It seems to me that one of the top uses of a state manager is to enable multi-page apps as per this discussion: Multi-page app with session state

However, I believe the solution for multi-page apps needs to be higher level than just a state manager, and potentially different under the hood. The ideal solution wouldn’t re-compute all pages, ideally everything would be cached/stateful, i.e. not just widgets (plots, dataframe computations, etc). It’d be the equivalent of doing a simple CSS hide/show. Not sure if you guys are already exploring this, but thought I’d chime in as I think the state manager is too low-level and doesn’t cover all the needs in the multi-page use case.

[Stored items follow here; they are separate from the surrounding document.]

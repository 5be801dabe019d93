-- ===== src/Base/Strings.antt =====
-- Go's package `strings` and the order of texts. Go compares bytes; UTF-8 keeps the order of code
-- points, so the comparison here is by code points.
use Prim.Native.Char.{code}
use text.Mathlib.TextEquality.{Char-path}
use text.Mathlib.TextLemmas.{nil-append, cons-append}
use Prim.Native.String.{◌++◌ as str_append}
use jacu_harness.Base.{
  ℕ, ◌≡◌, refl, Bool, true, false, ◌&&◌, ◌||◌, String, arith, ltb, leb, nat_beq, if◌then◌else◌,
  Option, none, some, Option-cases, inl, inr, ◌↔◌, ◌==◌, ℕ-comparable, String-comparable,
}
use jacu_harness.Base.Sort.{IsLess}

-- `s < t`
unfoldable pub str_lt : String → String → Bool
str_lt String.[] String.[] = false
str_lt String.[] (String.◌∷◌ d t) = true
str_lt (String.◌∷◌ c s) String.[] = false
str_lt (String.◌∷◌ c s) (String.◌∷◌ d t) =
    ltb (code c) (code d) || (nat_beq (code c) (code d) && str_lt s t)

pub str_lt-asym : (s t : String) → str_lt s t ≡ true → str_lt t s ≡ false
unfolding str_lt
str_lt-asym String.[] String.[] h = refl
str_lt-asym String.[] (String.◌∷◌ d t) h = refl
str_lt-asym (String.◌∷◌ c s) String.[] h = cc
str_lt-asym (String.◌∷◌ c s) (String.◌∷◌ d t) h = ground (arith, str_lt-asym s t)

pub str_lt-trans_not :
    (s t u : String) → str_lt t s ≡ false → str_lt u t ≡ false → str_lt u s ≡ false
unfolding str_lt
str_lt-trans_not String.[] String.[] u h k = k
str_lt-trans_not String.[] (String.◌∷◌ d t) String.[] h k = refl
str_lt-trans_not String.[] (String.◌∷◌ d t) (String.◌∷◌ e u) h k = refl
str_lt-trans_not (String.◌∷◌ c s) String.[] u h k = cc
str_lt-trans_not (String.◌∷◌ c s) (String.◌∷◌ d t) String.[] h k = cc
str_lt-trans_not (String.◌∷◌ c s) (String.◌∷◌ d t) (String.◌∷◌ e u) h k =
    ground (arith, str_lt-trans_not s t u)

pub str_lt_total : (s t : String) → str_lt s t ≡ false → str_lt t s ≡ false → s ≡ t
unfolding str_lt
str_lt_total String.[] String.[] h k = refl
str_lt_total String.[] (String.◌∷◌ d t) h k = cc
str_lt_total (String.◌∷◌ c s) String.[] h k = cc
str_lt_total (String.◌∷◌ c s) (String.◌∷◌ d t) h k =
    let p : code c ≡ code d = ground arith in
    let q : s ≡ t = str_lt_total s t (ground arith) (ground arith) in cc (Char-path c d p)

pub str_lt-IsLess : IsLess str_lt
str_lt-IsLess = record { asym = str_lt-asym; trans_not = str_lt-trans_not }

-- `unicode.IsSpace`
unfoldable pub is_space : ℕ → Bool
is_space c =
    c == 9
    || (c == 10
        || (c == 11
            || (c == 12
                || (c == 13
                    || (c == 32
                        || (c == 0x85
                            || (c == 0xa0
                                || (c == 0x1680
                                    || ((leb 0x2000 c && leb c 0x200a)
                                        || (c == 0x2028
                                            || (c == 0x2029
                                                || (c == 0x202f
                                                    || (c == 0x205f || c == 0x3000)))))))))))))

abbrev pub is_empty : String → Bool
is_empty String.[] = true
is_empty (String.◌∷◌ c s) = false

unfoldable pub trim_left : String → String
unfolding is_space
trim_left String.[] = ""
trim_left (String.◌∷◌ c s) =
    let rest = trim_left s in if is_space (code c) then rest else String.◌∷◌ c s

unfoldable pub trim_right : String → String
unfolding is_space
trim_right String.[] = ""
trim_right (String.◌∷◌ c s) =
    let rest = trim_right s in if is_space (code c) && is_empty rest then "" else String.◌∷◌ c rest

-- `strings.TrimSpace`
unfoldable pub trim_space : String → String
unfolding trim_left trim_right
trim_space s = trim_right (trim_left s)

-- What stands behind a prefix: `strings.CutPrefix`.
unfoldable pub after_prefix : String → String → Option String
after_prefix String.[] s = some s
after_prefix (String.◌∷◌ c p) String.[] = none
after_prefix (String.◌∷◌ c p) (String.◌∷◌ d s) =
    let rest = after_prefix p s in if code c == code d then rest else none

abbrev pub is_some {ℓ} : {A : Type ℓ} → Option A → Bool
is_some none = false
is_some (some a) = true

-- `strings.HasPrefix(s, p)`
unfoldable pub has_prefix : String → String → Bool
unfolding after_prefix
has_prefix s p = is_some (after_prefix p s)

-- `strings.TrimPrefix(s, p)`
unfoldable pub trim_prefix : String → String → String
unfolding after_prefix
trim_prefix s p = elim (after_prefix p s) [ none ↦ s | some rest ↦ rest ]

-- The text before a suffix: `strings.CutSuffix`.
unfoldable pub before_suffix : String → String → Option String
before_suffix p String.[] = if p == "" then some "" else none
before_suffix p (String.◌∷◌ c s) =
    let rest = before_suffix p s in
    if p == String.◌∷◌ c s
    then some ""
    else elim rest [ none ↦ none | some r ↦ some (String.◌∷◌ c r) ]

-- `strings.HasSuffix(s, p)`
unfoldable pub has_suffix : String → String → Bool
unfolding before_suffix
has_suffix s p = is_some (before_suffix p s)

-- `strings.TrimSuffix(s, p)`
unfoldable pub trim_suffix : String → String → String
unfolding before_suffix
trim_suffix s p = elim (before_suffix p s) [ none ↦ s | some rest ↦ rest ]

-- A prefix is found exactly in front of what follows it.
pub after_prefix-append : (p r : String) → after_prefix p (str_append p r) ≡ some r
unfolding after_prefix
after_prefix-append String.[] r = rw nil-append
after_prefix-append (String.◌∷◌ c p) r =
    rw (cons-append c p r) (ground (arith, after_prefix-append p r))

pub after_prefix-eq-some : (p s r : String) → after_prefix p s ≡ some r → s ≡ str_append p r
unfolding after_prefix
after_prefix-eq-some String.[] s r h = rw nil-append (ground arith)
after_prefix-eq-some (String.◌∷◌ c p) String.[] r h = cc
after_prefix-eq-some (String.◌∷◌ c p) (String.◌∷◌ d s) r h =
    let same : code c ≡ code d = ground arith in
    let rest : s ≡ str_append p r = after_prefix-eq-some p s r (ground arith) in
    rw (cons-append c p r) (cc (Char-path c d same))

pub has_prefix_iff :
    (s p : String) → (has_prefix s p ≡ true) ↔ ((r : String) × (s ≡ str_append p r))
unfolding has_prefix
has_prefix_iff s p = (
  λ h. elim (Option-cases (after_prefix p s)) [
    | inl e ↦ absurd (ground arith)
    | inr (r, e) ↦ (r, after_prefix-eq-some p s r e)
  ],
  λ (r, e). rw (e, after_prefix-append p r) refl,
)

trim_space_test : trim_space "  a b\t\n" ≡ "a b"
unfolding trim_space
trim_space_test = refl

trim_suffix_test : trim_suffix "docs//" "/" ≡ "docs/"
unfolding trim_suffix
trim_suffix_test = refl

has_prefix_test : has_prefix "run_ab" "run_" ≡ true
unfolding has_prefix
has_prefix_test = refl
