-- ===== src/Base/Paths.antt =====
-- `filepath.Clean` on Unix: lexical, with no look at the file system.
use Prim.Native.Char.{code}
use Prim.Native.String.{◌++◌ as str_append}
use mathlib.Core.List.{foldl, reverse}
use jacu_harness.Base.{
  String, Bool, List, [], ◌∷◌, ◌≡◌, refl, if◌then◌else◌, ◌==◌, ℕ-comparable, String-comparable,
  ◌||◌,
}
use jacu_harness.Base.Strings.{has_prefix}

abbrev pub onto_head : String → List String → List String
onto_head s [] = s ∷ []
onto_head s (x ∷ xs) = str_append s x ∷ xs

-- `strings.Split(s, "/")`
unfoldable pub split_slash : String → List String
split_slash String.[] = "" ∷ []
split_slash (String.◌∷◌ c s) =
    let rest = split_slash s in
    if code c == b'/' then "" ∷ rest else onto_head (String.◌∷◌ c "") rest

-- `strings.Join(l, "/")`
pub join_slash : List String → String
join_slash [] = ""
join_slash (x ∷ []) = x
join_slash (x ∷ y ∷ l) = str_append x (str_append "/" (join_slash (y ∷ l)))

-- `..` takes back the element before it, if there is one that is not `..`; at the root it is dropped.
parent : Bool → List String → List String
parent rooted [] = if rooted then [] else ".." ∷ []
parent rooted (x ∷ l) = if x == ".." then ".." ∷ x ∷ l else l

-- One element of the path onto the elements kept, last first.
clean_step : Bool → List String → String → List String
unfolding parent
clean_step rooted kept el =
    if el == "" || el == "." then kept else if el == ".." then parent rooted kept else el ∷ kept

or_dot : String → String
or_dot s = if s == "" then "." else s

unfoldable pub clean_path : String → String
unfolding clean_step split_slash join_slash or_dot
clean_path path =
    let rooted = has_prefix path "/" in
    let kept = join_slash (reverse (foldl (clean_step rooted) [] (split_slash path))) in
    if rooted then str_append "/" kept else or_dot kept

clean_path_dots : clean_path "./a//b/../c/." ≡ "a/c"
unfolding clean_path has_prefix
clean_path_dots = refl

clean_path_root : clean_path "/../a" ≡ "/a"
unfolding clean_path has_prefix
clean_path_root = refl

clean_path_empty : clean_path "" ≡ "."
unfolding clean_path has_prefix
clean_path_empty = refl
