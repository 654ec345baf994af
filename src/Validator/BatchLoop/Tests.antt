-- ===== src/Validator/BatchLoop/Tests.antt =====
-- The loop over batches at concrete rounds.
use synddb.Prelude.{
  ℕ, ◌≡◌, ◌⊎◌, inl, inr, refl, sym, subst, str_eq, String, Option, some, true, false, List, [], ◌∷◌,
  Result, ok, if◌then◌else◌, arith, All,
}
use synddb.Shared.Bytes.{bytes_eq}
use synddb.Shared.BatchInfo
use synddb.Shared.Message.{
  SignedBatch, SignedMessage, changeset, verify_batch_signature, verify_signature,
  parse_cose_protected_header_fields, field_from, check_signature,
}
use synddb.Shared.Message.Tests.{codec, crypto, message, batch}
use synddb.Shared.Cbor.Crypto.{signature_from_bytes, verifying_key_from_bytes, verify_secp256k1}
use synddb.Validator.Rules.{validate_all}
use synddb.Validator.Applier.{
  validate_changeset_schema, apply_single_changeset, apply_each, apply_message_with_rules,
  apply_changeset_message, extract_withdrawal,
}
use synddb.Validator.Sync.{apply_message_with_audit, verify}
use synddb.Validator.SyncBatched.{BatchEnv}
use synddb.Validator.BatchIndex.{find_batch_containing, find_first_batch_starting_at_or_after}
use synddb.Validator.BatchLoop.{
  Round, BatchLoopState, Outcome, running, stopped, failed, handle_message, handle_messages,
  iterate, run_batched,
}
use synddb.Validator.BatchLoop.Accounts.{Consecutive, Promises, SoundAfter, run_batched-Sound}
use synddb.Validator.Sync.Tests.{Db, sqlite, config, env, fresh}

abbrev with_messages : List SignedMessage → SignedBatch
with_messages ms = record batch { messages = ms }

abbrev listed : List BatchInfo.BatchInfo
listed = BatchInfo.new 0 0 "a" ∷ BatchInfo.new 2 2 "b" ∷ []

abbrev archive : BatchEnv
archive = record {
  supports_batches = true;
  list_batches = ok listed;
  get_batch_by_path = λ path.
      if str_eq path "a"
      then ok (some (with_messages (message 0 changeset ∷ [])))
      else ok (some (with_messages (message 2 changeset ∷ [])));
}

abbrev round : BatchEnv → Round
round fetcher = record { env = env; fetcher = fetcher; refresh_due = false }

abbrev start : List BatchInfo.BatchInfo → BatchLoopState Db
start infos = record {
  validator = fresh;
  index = record { batches = infos };
  next_sequence = 0;
  caught_up = false;
}

abbrev next_of : Outcome Db → ℕ × List ℕ × List (ℕ × ℕ × ℕ)
next_of (running s) = (s.next_sequence, s.validator.synced, s.validator.state.gaps)
next_of (stopped s) = (s.next_sequence, s.validator.synced, s.validator.state.gaps)
next_of (failed s e) = (s.next_sequence, s.validator.synced, s.validator.state.gaps)

-- A gap between two batches is written down.
gap_between :
    next_of (
      run_batched sqlite codec crypto config
        (round archive ∷ round archive ∷ round archive ∷ [])
        (start listed))
    ≡ (3, (0 ∷ 2 ∷ []), (1, 2, 100) ∷ [])
unfolding run_batched iterate find_batch_containing find_first_batch_starting_at_or_after
    handle_messages handle_message verify_batch_signature verify bytes_eq verify_signature
    parse_cose_protected_header_fields field_from check_signature signature_from_bytes
    verifying_key_from_bytes verify_secp256k1 extract_withdrawal apply_message_with_audit
    apply_message_with_rules apply_changeset_message apply_each apply_single_changeset
    validate_changeset_schema validate_all
gap_between = refl

-- One batch of the messages 0 and 2, and one of message 0 alone that is listed up to 2.
abbrev holes : List SignedMessage → BatchEnv
holes ms = record archive { get_batch_by_path = λ path. ok (some (with_messages ms)) }

-- A gap inside a batch is not.
gap_inside :
    next_of (
      run_batched sqlite codec crypto config
        (round (holes (message 0 changeset ∷ message 2 changeset ∷ [])) ∷ [])
        (start (BatchInfo.new 0 2 "c" ∷ [])))
    ≡ (3, (0 ∷ 2 ∷ []), [])
unfolding run_batched iterate find_batch_containing find_first_batch_starting_at_or_after
    handle_messages handle_message verify_batch_signature verify bytes_eq verify_signature
    parse_cose_protected_header_fields field_from check_signature signature_from_bytes
    verifying_key_from_bytes verify_secp256k1 extract_withdrawal apply_message_with_audit
    apply_message_with_rules apply_changeset_message apply_each apply_single_changeset
    validate_changeset_schema validate_all
gap_inside = refl

abbrev Known : BatchInfo.BatchInfo → Type 0
Known info = (info ≡ BatchInfo.new 0 0 "a") ⊎ (info ≡ BatchInfo.new 2 2 "b")

promised : Promises sqlite codec crypto config Known (round archive)
promised = (lists, fetches)
  where
    lists :
        (infos : List BatchInfo.BatchInfo)
        → ◌≡◌ {A = Result (List BatchInfo.BatchInfo) String} (ok listed) (ok infos)
        → All Known infos
    lists infos e =
        let same : listed ≡ infos = cc in subst (All Known) same (inl refl, (inr refl, tt))

    fetches :
        (info : BatchInfo.BatchInfo) (b : SignedBatch)
        → Known info
        → archive.get_batch_by_path info.path ≡ ok (some b)
        → verify_batch_signature codec crypto b ≡ ok tt
        → Consecutive info.start_sequence b.messages
    fetches info b (inl e) f v =
        let g : ◌≡◌ {A = Result (Option SignedBatch) String}
            (ok (some (with_messages (message 0 changeset ∷ [])))) (ok (some b)) =
          subst (λ i. archive.get_batch_by_path i.path ≡ ok (some b)) e f in
        let same : with_messages (message 0 changeset ∷ []) ≡ b = cc in
        subst (λ i. Consecutive i.start_sequence b.messages) (sym e)
          (subst (λ x. Consecutive 0 x.messages) same (refl, omega arith, tt))
    fetches info b (inr e) f v =
        let g : ◌≡◌ {A = Result (Option SignedBatch) String}
            (ok (some (with_messages (message 2 changeset ∷ [])))) (ok (some b)) =
          subst (λ i. archive.get_batch_by_path i.path ≡ ok (some b)) e f in
        let same : with_messages (message 2 changeset ∷ []) ≡ b = cc in
        subst (λ i. Consecutive i.start_sequence b.messages) (sym e)
          (subst (λ x. Consecutive 2 x.messages) same (refl, omega arith, tt))

run_batched-Sound_example :
    SoundAfter sqlite codec crypto config Known 0
      (run_batched sqlite codec crypto config (round archive ∷ round archive ∷ []) (start listed))
run_batched-Sound_example =
    run_batched-Sound sqlite codec crypto config Known 0 (round archive ∷ round archive ∷ [])
      (start listed) (promised, (promised, tt))
      ((inl refl, (inr refl, tt)), λ n lo hi. absurd (omega arith))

Thank you for the superb work!!

1 Like

My use case is that I’m using Streamlit to build a GUI for the open source network observability tool that I’m building called Suzieq.

I need support for multi-page apps so that users can switch back and forth between pages and not lose their place. Today, there are two different solutions it seems to achieve this: the SessionState code provided by @thiago and the improved one by @FranzDiebold. The second one I know of which actually works well for multi-page apps is the SessionState code by @okld. This latter code works well for my needs albeit being slower than the others because it reruns everything once more after streamlit does its usual rerun. Caching helps, but it shouldn’t have to be this way. The former session state code commonly fails to maintain state when switching between pages. I echo what @arturadib wrote in this thread.

Hope this helps,

Dinesh

I was mocking up a demo programmable state API and came up with the following. Figured here would be a good place to post it to get/give ideas.

Cheers,
Simon


import streamlit as st

absolute_zero_shift = 273.25
fahrenheit_gradient = 9.0 / 5.0


def calc_fahrenheit(celsius):
    return fahrenheit_gradient * celsius + 32


def calc_celsius_from_fahrenheit(fahrenheit):
    return (fahrenheit - 32) / fahrenheit_gradient


def calc_celsius_from_kelvin(kelvin):
    return kelvin - absolute_zero_shift


def calc_kelvin(celsius):
    return celsius + absolute_zero_shift


min_value = 0
max_value = 100
step = 1

state = st.session_state.get(
    celsius=min_value,
    fahrenheit=calc_fahrenheit(min_value),
    kelvin=calc_kelvin(min_value),
)

st.slider(
    "Celsius",
    # Build the widget objects to be "state aware", as in, if a state
    # object is passed as a value, have the widget respond automatically
    # to state updates
    value=state.celsius,
    min_value=min_value,
    max_value=max_value,
    step=step,
)

st.slider(
    "Fahrenheit",
    value=state.fahrenheit,
    min_value=calc_fahrenheit(min_value),
    max_value=calc_fahrenheit(max_value),
    step=fahrenheit_gradient * step,
)

# Have the "link_to" function create a directional 'master' graph. Make
# it so that on each UI trigger the links/edges on that master graph are
# traversed, all the while building a record of the traversed links in
# a directional acyclic graph. When traversing these links should any
# traversal along an edge on the 'master' graph causes a cycle, have
# that edge not be traversed for that particular UI interaction.
state.celsius.link_to(state.fahrenheit, calc_fahrenheit)
state.fahrenheit.link_to(state.celsius, calc_celsius_from_fahrenheit)

# Example flow:

# * User triggers the fahrenheit slider
# * state.fahrenheit updated
# * state.celsius to updated by state.fahrenheit -> state.celsius link
#   * importantly, the state.celsius -> state.fahrenheit is not triggered
#     as this is the first step in the chain that produces a cycle in the
#     link graph. These links can be propagated and carried out until no
#     more links remain, or following a link would produce a cycle for
#     that iteration.
# * this triggers celsius slider to update

st.slider(
    "Kelvin",
    value=state.kelvin,
    min_value=calc_kelvin(min_value),
    max_value=calc_kelvin(max_value),
    step=step,
)

state.kelvin.link_to(state.celsius, calc_celsius_from_kelvin)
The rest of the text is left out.